Needle Leaf Java Fern
anubias barteri (some are even flowering)
anubias coffeefolia
staurogyne repens
Staurogyne sp. "Porto Velho'
flame moss
mini xmas moss
narrow chain sword
blyxa auberti
crypt. wendtii bronze
crypt lutecens 
Lagenandra meeboldii
ludwigia sp red

thats all I can think of right now


----------



## Powerclown (Aug 17, 2014)

Hi,very nice pics,looks great.What camera did you used?


----------



## HiepSTA (Aug 23, 2011)

Nikon D90


----------



## Nooob (Oct 25, 2009)

Specs?


Sent from my iPhone using Tapatalk


----------



## HiepSTA (Aug 23, 2011)

Nooob said:


> Specs?
> 
> 
> Sent from my iPhone using Tapatalk


specs of the camera? I have no idea, it's my girlfriend's D90


----------



## mysticalnet (Dec 2, 2007)

Wow very nice pictures!


----------



## Nooob (Oct 25, 2009)

Sorry meant specs of the tank. Lighting/Co2/Filtration etc etc


----------



## redchaser (Apr 27, 2015)

Beautiful shots,

Did you use a flash or just the tanks lighting?


----------



## treyLcham (Sep 9, 2014)

I must ask, what type of fish and shrimp are those? Especially the angel!!! is that =0 this is one of the best looking tanks I have seen. Yes I have seen some that look really good, but you have just picked the perfect fish mates and shrimp for this making it that much better!!! 
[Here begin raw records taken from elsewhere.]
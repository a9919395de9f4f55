-- ===== src/Prelude/Perms.antt =====
-- Lists up to order: moving parts, and a list that tests split in parts.
use rankedftw.Prelude.{◌++◌, List}
use mathlib.Core.List.{Perm, append_assoc, perm_append_comm}
use mathlib.Core.List.Perm

module _ {ℓ} {A : Type ℓ} where
  -- The first two of three parts are swapped.
  pub append_left_comm-perm : (a b c : List A) → Perm (a ++ (b ++ c)) (b ++ (a ++ c))
  append_left_comm-perm a b c =
      rw (← append_assoc a b c, ← append_assoc b a c) (Perm.append_right c (perm_append_comm a b))

  -- The middle two of four parts are swapped.
  pub append_middle-perm : (a b c d : List A) → Perm ((a ++ b) ++ (c ++ d)) ((a ++ c) ++ (b ++ d))
  append_middle-perm a b c d =
      rw (append_assoc a b (c ++ d), append_assoc a c (b ++ d))
        (Perm.append_left a (append_left_comm-perm b c d))
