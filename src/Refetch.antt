-- ===== src/Refetch.antt =====
-- main/refetch.py: the ladders that are missing, and those of past seasons. `Ranking.set_data_time` of
-- main/models.py. The C++ module is an argument, by what its calls return or raise; the two tables that
-- it writes are not part of it.
pub mod Missing
pub mod Past
pub mod Seasons
pub mod Good
pub mod Due
pub mod Times
mod Tests
use Prim.Native.Nat.{min}
use rankedftw.Fetch.Cached.{UpdateCall}
use rankedftw.Store.{Ranking, Season}
use rankedftw.Prelude.Result.{ok, map_ok, ◌>>=◌, Result}
use rankedftw.Prelude.{◌&&◌, not, if◌then◌else◌, true, Bool, ℕ}
use rankedftw.Prelude.Clock.{from_unix, Time}
use rankedftw.Season.{start_time, end_time, is_open}

pub record Cpp : Type 0 where
  pub load : ℕ → Result (Unit {0})
  pub update_with_ladder : UpdateCall → Result (Unit {0})
  pub min_max_data_time : ℕ × ℕ
  pub save_data : ℕ → ℕ → Result (Unit {0})
  pub save_stats : ℕ → Result (Unit {0})

-- `bool(dt)`: Python takes any datetime as true.
abbrev pub is_true : Time → Bool
is_true t = true

-- The times of the ranked data, as seconds of unix time.
unfoldable pub set_data_time : Season → ℕ × ℕ → Ranking → Result Ranking
unfolding from_unix start_time end_time is_open
set_data_time season (first, last) ranking =
    let timed = record ranking {
      min_data_time = from_unix first;
      max_data_time = from_unix last;
    } in
    do
      started ←
          if not (is_true timed.min_data_time) && not (is_true timed.max_data_time)
          then map_ok
              (λ (t : Time). record timed { min_data_time = t; max_data_time = t; data_time = t })
              (start_time season)
          else ok timed
      if is_open season
          then ok (record started { data_time = started.max_data_time })
          else map_ok (λ (t : Time). record started { data_time = min started.max_data_time t })
              (end_time season)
Sent from my iPhone using Tapatalk


----------



## yondertank (Sep 7, 2009)

That angel is gorgeous, great photo of it.


----------



## AquaAurora (Jul 10, 2013)

What sp/ label was that angelfish sold under? Philippine Blue shortfin?


----------



## HiepSTA (Aug 23, 2011)

it was sold as blue zebra lace angelfish

Bump:


redchaser said:


> Beautiful shots,
> 
> Did you use a flash or just the tanks lighting?


just the lighting from the tank.

just dosing with flourish supplement and flourish excel and some blackwater extract for the apistos. no CO2, I have two LED light fixtures on the tank


----------